Revenue Guarantee of Anonymous Pricing for Mixed Bidders:Bridging Value and Utility Maximizers
2026-06-29 • Computer Science and Game Theory
Computer Science and Game Theory
AI summaryⓘ
The authors study a market where buyers have two different ways of deciding what to pay: some aim to maximize their overall happiness (utility maximizers), while others try to get the best value for the money they spend (value maximizers). They look at how a simple pricing method called Anonymous Pricing performs in such mixed settings. They prove that this pricing method can earn at least about 37% of the best possible revenue, which is better than previous results for just value maximizers. They also find that having more competition doesn’t always mean more money when value maximizers are involved, especially compared to auctions with similar pricing.

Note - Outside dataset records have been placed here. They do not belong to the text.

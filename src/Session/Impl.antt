-- ===== src/Session/Impl.antt =====
-- sbuild/sbuild-session.cc: `run_impl`, with the methods that it calls for each chroot.
pub mod Signals
pub mod Keeps
pub mod Spares
pub mod Stages
use schroot.Prelude.{
  ℕ, Bool, true, false, not, ◌&&◌, ◌||◌, Option, none, some, List, [], ◌∷◌, ◌++◌, Text, codes,
  nat_eq, ◌==◌, is_empty, if◌then◌else◌,
}
use schroot.Exception.{
  Exception, Result, ok, throw, session_error, other_error, assertion, chroot_notfound, child_fork,
  signal_set, is_session_error, is_runtime_error,
}
use schroot.Userdata.{set_user_data, set_root_data, UserdataCode, Userdata}
use schroot.Auth.Calls.{AuthCall, open_session, close_session}
use schroot.Session.Chroot.{Chroot, setup_start, setup_recover, setup_stop}
use schroot.Session.Access.{Membership, get_chroot_membership}
use schroot.Session.World.{
  Event, auth, run_command, set_handler, clear_handler, get_termios, set_termios, print_name,
  Signal, sighup, sigint, sigterm, World, session_handler, handler_of, with_handler,
}
use schroot.Session.Exec.{
  State, M, ◌>>=◌, ◌>>◌, pure, done, raise, lift, modify, try_catch, swallow, log, call,
}
use schroot.Session.Wait.{exit_failure, wait_for_child}
use schroot.Session.Clone.{clone_session, set_verbosity}
use schroot.Session.Setup.{
  Operation, automatic, begin, recover, end_session, run_session, setup_chroot, finish_wait,
}
use schroot.Session.Config.{ChrootListEntry, Session}

-- Login shell: `command.empty () || command[0].empty ()`
unfoldable pub is_login : List Text → Bool
is_login [] = true
is_login (c ∷ command) = is_empty c

-- OPERATION_AUTOMATIC or OPERATION_BEGIN
abbrev pub creates : Operation → Bool
creates automatic = true
creates begin = true
creates operation = false

-- OPERATION_AUTOMATIC or OPERATION_RUN
abbrev pub runs : Operation → Bool
runs automatic = true
runs run_session = true
runs operation = false

abbrev pub begins : Operation → Bool
begins begin = true
begins operation = false

abbrev pub finish_command : Option Exception → State → Result (Unit {0}) × State
finish_command none s = (ok tt, s)
finish_command (some e) s = (throw e, s)

module _ (w : World) (session : Session) where
  -- A method of `authstat`.
  abbrev pub auth_call : AuthCall → M (Unit {0})
  auth_call c = call (auth c) (λ h. w.auth_answer h c)

  unfoldable pub save_termios : M (Unit {0})
  save_termios s =
      let s' = record s { termios_ok = false } in
      if w.has_terminal && is_login session.authstat.command
      then (ok tt, record (log get_termios s') { termios_ok = not (w.tcgetattr_fails s.history) })
      else (ok tt, s')

  -- A failure is only logged.
  unfoldable pub restore_termios : M (Unit {0})
  restore_termios s =
      if w.has_terminal && is_login session.authstat.command && s.termios_ok
      then (ok tt, log set_termios s)
      else (ok tt, s)

  unfoldable pub set_signal_handler : Signal → M (Unit {0})
  set_signal_handler signal s =
      let s' = log (set_handler signal) s in
      if w.sigaction_fails s.history signal then (throw (session_error signal_set), s') else (
        ok tt,
        record s' {
          saved_handlers = with_handler signal (handler_of signal s.handlers) s.saved_handlers;
          handlers = with_handler signal (session_handler signal) s.handlers;
        },
      )

  -- A failure is ignored.
  unfoldable pub clear_signal_handler : Signal → M (Unit {0})
  clear_signal_handler signal s =
      let s' = log (clear_handler signal) s in
      if w.restore_fails s.history signal then (ok tt, s') else (
        ok tt,
        record s' {
          handlers = with_handler signal (handler_of signal s.saved_handlers) s.handlers;
        },
      )

  -- fork(2), and the wait for `run_child`, whose status is that of the session
  unfoldable pub run_chroot : Chroot → M (Unit {0})
  run_chroot chroot s =
      if is_empty chroot.name
      then (throw assertion, s)
      else if w.fork_fails s.history
      then (throw (session_error child_fork), s)
      else let s' = log (run_command chroot.name) s in
        let waited = wait_for_child (w.waits s'.history) s' in
        finish_command waited.thrown (record waited.state { child_status = waited.status })

  -- The name of a new session.
  unfoldable pub new_session_id : Chroot → State → Text
  new_session_id ch s =
      if not (is_empty session.session_id)
      then session.session_id
      else ch.name ++ (codes "-" ++ w.unique_identifier s.history)

  -- The clone that the session uses: of the chroot, or of a new session of it.
  unfoldable pub session_chroot : ChrootListEntry → M Chroot
  session_chroot entry s =
      let ch = entry.chroot in
      if ch.session_clonable
      then elim (get_chroot_membership w.groups session.authstat ch) [
        | throw e ↦ (throw e, s)
        | ok m ↦ (
          clone_session w.search session.mount_dir (new_session_id ch s) entry.alias
              session.authstat.ruser (m.in_root_users || m.in_root_groups) ch,
          s,
        )
      ]
      else (ok ch, s)

  unfoldable pub override_verbosity : Chroot → M Chroot
  override_verbosity chroot =
      lift
        (if is_empty session.verbosity then ok chroot else set_verbosity session.verbosity chroot)

  abbrev pub store_userdata : Chroot → Option UserdataCode × Userdata → Result Chroot
  store_userdata chroot (none, u) = ok (record chroot { userdata = some u })
  store_userdata chroot (some e, u) = throw other_error

  -- The user's options; those of root if either user is root.
  unfoldable pub set_options : Chroot → M Chroot
  set_options chroot = lift (elim chroot.userdata [
    | none ↦ ok chroot
    | some u ↦ store_userdata chroot (
        if session.authstat.uid == 0 || session.authstat.ruid == 0
        then set_root_data w.search session.user_options u
        else set_user_data w.search session.user_options u)
  ])

  -- The command in the chroot, within a session of `authstat`.
  unfoldable pub run_in_session : Chroot → M (Unit {0})
  run_in_session chroot = do
    try_catch is_runtime_error (do auth_call open_session; save_termios; run_chroot chroot)
        λ e. do restore_termios; auth_call close_session; raise e
    restore_termios
    auth_call close_session

  -- The setup stages around the command.
  unfoldable pub stages : Operation → Chroot → M (Unit {0})
  stages operation chroot = do
    try_catch is_session_error
        (do
          setup_chroot w operation chroot setup_start
          (if begins operation then call (print_name chroot.name) (λ h. none) else done)
          setup_chroot w operation chroot setup_recover
          (if runs operation then run_in_session chroot else done))
        λ e. do swallow is_session_error (setup_chroot w operation chroot setup_stop); raise e
    setup_chroot w operation chroot setup_stop

  unfoldable pub run_stages : Chroot → M (Unit {0})
  run_stages chroot = stages session.session_operation chroot

  -- One round of the loop over the chroots.
  unfoldable pub run_entry : ChrootListEntry → M (Unit {0})
  run_entry entry =
      if entry.chroot.session_clonable && not (creates session.session_operation)
      then raise (session_error chroot_notfound)
      else do
        clone ← session_chroot entry
        verbose_clone ← override_verbosity clone
        chroot ← set_options verbose_clone
        modify (λ s. record s { child_status = 0 })
        run_stages chroot

  unfoldable pub run_entries : List ChrootListEntry → M (Unit {0})
  run_entries [] = done
  run_entries (entry ∷ entries) = do run_entry entry; run_entries entries

  unfoldable pub set_handlers : M (Unit {0})
  set_handlers = do
    modify (λ s. record s { sighup_called = false })
    set_signal_handler sighup
    modify (λ s. record s { sigint_called = false })
    set_signal_handler sigint
    modify (λ s. record s { sigterm_called = false })
    set_signal_handler sigterm

  unfoldable pub clear_handlers : M (Unit {0})
  clear_handlers = do
    clear_signal_handler sigterm
    clear_signal_handler sigint
    clear_signal_handler sighup

  unfoldable pub run_impl : M (Unit {0})
  run_impl = if is_empty session.chroots then raise assertion else do
    try_catch is_session_error (do set_handlers; run_entries session.chroots)
        λ e. do
          clear_handlers
          modify (λ s. if s.child_status == 0 then record s { child_status = exit_failure } else s)
          raise e
    clear_handlers
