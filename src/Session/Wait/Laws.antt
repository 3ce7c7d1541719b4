-- ===== src/Session/Wait/Laws.antt =====
-- What `wait_for_child` of sbuild/sbuild-session.cc returns, throws and sends.
use schroot.Prelude.{
  ◌≡◌, sym, ap, subst, ◌∙◌, inl, inr, Bool, true, false, ◌||◌, none, List, [], ◌∷◌, arith,
  Bool-cases,
}
use schroot.Session.World.{
  Arrivals, Waits, WaitStatus, wait_failed, exited, signalled, dumped_core, abnormal,
}
use schroot.Session.Exec.{State}
use schroot.Session.Wait.{arrive, pass_signal, decode, Waited, returned, wait_loop, wait_for_child}

-- A signal that is to be passed on is pending.
abbrev pub is_pending : State → Bool
is_pending s = s.sighup_called || s.sigterm_called

-- What held when the wait returned normally.
pub record IsNormal (status : WaitStatus) (s : State) (w : Waited) : Type 0 where
  pub exits : status ≡ exited w.status
  pub quiet : is_pending w.state ≡ false
  pub history : w.state.history ≡ s.history
  pub chroot_status : w.state.chroot_status ≡ s.chroot_status
  pub lock_status : w.state.lock_status ≡ s.lock_status

returned-IsNormal :
    (status : WaitStatus) (s : State)
    → (returned status s).thrown ≡ none
    → (status ≡ exited (returned status s).status)
      × (is_pending s ≡ false)
      × ((returned status s).state ≡ s)
unfolding returned decode
returned-IsNormal wait_failed s h = ground arith
returned-IsNormal (exited n) s h = ground arith
returned-IsNormal signalled s h = ground arith
returned-IsNormal dumped_core s h = ground arith
returned-IsNormal abnormal s h = ground arith

is_pending-pass_signal :
    (killed : Bool) (s : State) → is_pending (pass_signal killed s).0 ≡ is_pending s
unfolding pass_signal
is_pending-pass_signal killed s = ground arith

is_pending-arrive :
    (a : Arrivals) (s : State) → is_pending s ≡ true → is_pending (arrive a s) ≡ true
is_pending-arrive a s p = ground arith

-- Where a signal is pending at the start of a round, the wait does not return normally.
wait_loop-pending :
    (interrupts : List Arrivals) (a : Arrivals) (status : WaitStatus) (killed : Bool) (s : State)
    → is_pending s ≡ true
    → (wait_loop interrupts a status killed s).thrown ≡ none
    → ⊥
unfolding wait_loop
wait_loop-pending [] a status killed s p h =
    let s' = (pass_signal killed s).0 in
    let p' = is_pending-arrive a s' (is_pending-pass_signal killed s ∙ p) in
    cc (p', (returned-IsNormal status (arrive a s') h).1)
wait_loop-pending (b ∷ interrupts) a status killed s p h =
    let passed = pass_signal killed s in
    let p' = is_pending-arrive b passed.0 (is_pending-pass_signal killed s ∙ p) in
    ground (arith, p', wait_loop-pending interrupts a status passed.1 (arrive b passed.0))

-- Where none is pending, the round passes nothing on.
pub pass_signal-quiet :
    (killed : Bool) (s : State) → is_pending s ≡ false → pass_signal killed s ≡ (s, killed)
unfolding pass_signal
pass_signal-quiet killed s q = ground arith

wait_loop-last :
    (a : Arrivals) (status : WaitStatus) (killed : Bool) (s : State)
    → is_pending s ≡ false
    → wait_loop [] a status killed s ≡ returned status (arrive a s)
unfolding wait_loop
wait_loop-last a status killed s q = rw (pass_signal-quiet killed s q)

wait_loop-next :
    (b : Arrivals) (interrupts : List Arrivals) (a : Arrivals) (status : WaitStatus) (killed : Bool)
    (s : State)
    → is_pending s ≡ false
    → (wait_loop (b ∷ interrupts) a status killed s).thrown ≡ none
    → wait_loop (b ∷ interrupts) a status killed s
      ≡ wait_loop interrupts a status killed (arrive b s)
unfolding wait_loop
wait_loop-next b interrupts a status killed s q h = ground (arith, pass_signal-quiet killed s q)

IsNormal-returned :
    (a : Arrivals) (status : WaitStatus) (s : State)
    → (returned status (arrive a s)).thrown ≡ none
    → IsNormal status s (returned status (arrive a s))
IsNormal-returned a status s h =
    let (exits, quiet, same) = returned-IsNormal status (arrive a s) h in
    record {
      exits = exits;
      quiet = ap is_pending same ∙ quiet;
      history = ap (λ (r : State). r.history) same;
      chroot_status = ap (λ (r : State). r.chroot_status) same;
      lock_status = ap (λ (r : State). r.lock_status) same;
    }

wait_loop-IsNormal :
    (interrupts : List Arrivals) (a : Arrivals) (status : WaitStatus) (killed : Bool) (s : State)
    → is_pending s ≡ false
    → (wait_loop interrupts a status killed s).thrown ≡ none
    → IsNormal status s (wait_loop interrupts a status killed s)
wait_loop-IsNormal [] a status killed s q h =
    let e = wait_loop-last a status killed s q in
    subst (IsNormal status s) (sym e) (IsNormal-returned a status s (rw e at h))
wait_loop-IsNormal (b ∷ interrupts) a status killed s q h =
    let e = wait_loop-next b interrupts a status killed s q h in
    let h' : (wait_loop interrupts a status killed (arrive b s)).thrown ≡ none = rw e at h in
    elim (Bool-cases (is_pending (arrive b s))) [
      | inl p ↦ absurd (wait_loop-pending interrupts a status killed (arrive b s) p h')
      | inr q' ↦
          let ih = wait_loop-IsNormal interrupts a status killed (arrive b s) q' h' in
          subst (IsNormal status s) (sym e) (record {
            exits = ih.exits;
            quiet = ih.quiet;
            history = ih.history;
            chroot_status = ih.chroot_status;
            lock_status = ih.lock_status;
          })
    ]

-- A wait that returns normally reports the exit status of the child. Then no SIGHUP or SIGTERM
-- was or is pending, nothing was sent to the child and the status of the chroot is as before.
pub wait_for_child-IsNormal :
    (waits : Waits) (s : State)
    → (wait_for_child waits s).thrown ≡ none
    → IsNormal waits.status s (wait_for_child waits s) × (is_pending s ≡ false)
unfolding wait_for_child
wait_for_child-IsNormal waits s h = elim (Bool-cases (is_pending s)) [
  | inl p ↦ absurd (wait_loop-pending waits.interrupts waits.arrivals waits.status false s p h)
  | inr q ↦ (wait_loop-IsNormal waits.interrupts waits.arrivals waits.status false s q h, q)
]
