-- ===== src/Lib.antt =====
-- libctorrent: a BitTorrent client library in C.
--
-- The parts and the files that model them; a name in the model is the C name, without its prefix
-- `bt_` where that leaves it clear:
--   Wire          the macros PUT_ and GET_ of src/util/common.h
--   Message       src/message.h and src/message.c: messages and handshakes, packed and unpacked
--   Event         src/event.h
--   Ring          the circular array that src/eventqueue.h and src/peer.c both write out
--   EventQueue    src/eventqueue.h, over Ring
--   TimerQueue    src/timer_queue.h and src/timer_queue.c: many timers over one timerfd
--   Bitset        src/bitset.h and src/bitset.c
--   Piece         src/piece.h and src/piece.c: a piece and its blocks, over Bitset
--   Bcode         src/bcode.h and src/bcode.c: decoder, encoder, the format between them, look-up
--                 (Bcode.Lookup) and printing (Bcode.Print)
--   Disk          src/disk.h and src/disk.c: the files of a torrent as one array of bytes
--   Peer          src/peer.h and src/peer.c: the messages that wait for a peer and how they are packed
--                 (Peer.Send), the framing of what it sends, the blocks that it was asked for
--                 (Peer.Requests, Peer.Schedule), the handlers (Peer.Handlers), and
--                 reading from and writing to its socket (Peer.Receive, Peer.Transmit)
--   Net           src/net.c: sending and receiving on a socket, by what the system answers
--   Vector        src/util/vector.h: arrays that grow
--   EventLoop     src/eventloop.c: the producers of events and what epoll reports of them
--   Tracker       src/tracker.c: URLs of trackers; src/tracker_udp.c: the exchange of datagrams with one
--                 (Tracker.Udp); bt_torrent_tracker_request of src/torrent.c (Tracker.Collect)
--   Metainfo      src/torrent.c: a torrent set up from its decoded metainfo (Metainfo.Load)
--   Torrent       src/torrentx.h: the torrent as the handlers of its peers see it
--   Swarm         src/torrent.c: the torrent with all its peers, and the main loop (Swarm.Step)
--   Sha1          src/crypt/sha1.c
--   Tests         the theorems at concrete inputs
-- The event loop calls back the producers whose descriptors are ready (on_read and on_write of a peer,
-- the firing of the timer queue), and these push to the event queue.
-- A peer queues messages (Message) on its circular array (Ring) and books blocks of pieces (Piece).
-- The timer queue pushes events (Event) to the event queue. The main loop (Swarm) pops them and calls
-- the handlers of a peer (Peer.Handlers.dispatch) and its scheduler (bt_peer_updaterequests), which
-- change the peer and the table of pieces, and tells the peers of complete pieces and of interest.
--
-- Numbers are natural numbers, and what wraps in C is reduced by `%` where it does. An array is a
-- list; an object that a function changes is passed and returned. A call ends in a value, in NULL or
-- -1, or in a failed assertion or a fault, which a use of NULL or a place outside an array is
-- (Prelude.Outcome). Whether `malloc` succeeds, what the timerfd reports, whether a file can be opened
-- and written, and what the sockets, epoll, the name service and `rand` answer are parameters. There is memory for the
-- pieces that a peer has and for the handshake that answers a connection.
--
-- Fuel: `bdecode_str` gives its parser twice the length of the text and three more; a call takes a
-- byte, or its callee does, so at most two calls share a byte. `filevec_write` has a turn for each
-- byte and each file, and every turn moves a byte or leaves a file behind. `rounds` has one for
-- each byte of the message, and every turn takes 64. `bdict_loop` halves its range. `pieces_loop`
-- has one turn for each byte of the torrent, and every turn takes a byte at least. `ask_piece` has
-- one turn more than its piece has blocks, and every turn takes a free block. `txqueue_loop` has
-- one for each message that waits. `peers_loop` has one for each byte of a datagram, and every turn
-- takes six. `read_loop` has two more than there are arrivals: every turn but
-- the last uses one up or fills the buffer. `write_loop` has one more than the socket has answers, of
-- which every turn but the last uses one up. `path_loop` and `files_loop` have one for each entry and one
-- for the end.
--
-- In the main loop (Swarm.Step), what `bt_eventloop_run` does is any new queue of events, any timers
-- and any messages taken off or put back; the callbacks of a user are taken to leave the torrent alone.
--
-- Not modelled: the set-up of sockets (src/peerserver.c, and src/net.c but for sending and
-- receiving), the unused priority queue (src/pqueue.c), the earlier threaded design
-- (src/thread.c) and what serves only it (bt_msg_send, bt_msg_recv), the program (src/main.c), and of
-- the modelled files what releases memory, the rates and the progress, which are floating-point
-- quotients, and functions that nothing calls (hex_decode, bt_chokealgo, bt_peer_fromsock).
pub mod Prelude
pub mod Ring
pub mod Vector
pub mod EventLoop
pub mod Wire
pub mod Message
pub mod Event
pub mod Bitset
pub mod Piece
pub mod EventQueue
pub mod TimerQueue
pub mod Bcode
pub mod Disk
pub mod Peer
pub mod Metainfo
pub mod Tracker
pub mod Net
pub mod Torrent
pub mod Swarm
pub mod Sha1
pub mod Tests
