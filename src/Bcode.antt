-- ===== src/Bcode.antt =====
-- src/bcode.h and src/bcode.c: the values of a metainfo file, their decoder and their encoder.
pub mod Value
pub mod Decode
pub mod Encode
pub mod Decimal
pub mod RoundTrip
pub mod Exact
pub mod Total
pub mod Lookup
pub mod Print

Mechanism DesignRevenue OptimizationValue MaximizersUtility MaximizersAnonymous PricingReturn-on-SpendFirst-Price AuctionHeterogeneous MarketsBehavioral Equivalence
Authors
Zhile Jiang, Stratis Skoulakis
Abstract
Mechanism design increasingly faces heterogeneous environments containing both traditional utility maximizers and value maximizers, the latter of whom seek to maximize acquired value subject to Return-on-Spend constraints. Designing revenue-optimal mechanisms for such multi-dimensional settings is both computationally and theoretically challenging. To address this complexity, we investigate the revenue guarantees of \textit{Anonymous Pricing} (AP), a simple and practical mechanism, in heterogeneous markets composed of both value and utility maximizers. By establishing a structural behavioral equivalence between value and utility maximizers, we show that AP, with an appropriately chosen price, achieves a \(1/e\) fraction of the optimal revenue. Our result improves upon the recent \( \frac{1}{2}(1 - 1/e) \) guarantee established by Deng et al.~(2022) for pure value maximizers, while extending it to mixed bidder types (both value and utility maximizers). We additionally establish an upper bound of \(1/2.62\) for AP. Finally, we demonstrate a counterintuitive phenomenon: competition can reduce revenue with the presence of value maximizers. In particular, running a First-Price Auction with the exact same reserve price as AP can, in the presence of value maximizers, generate lower revenue than AP itself.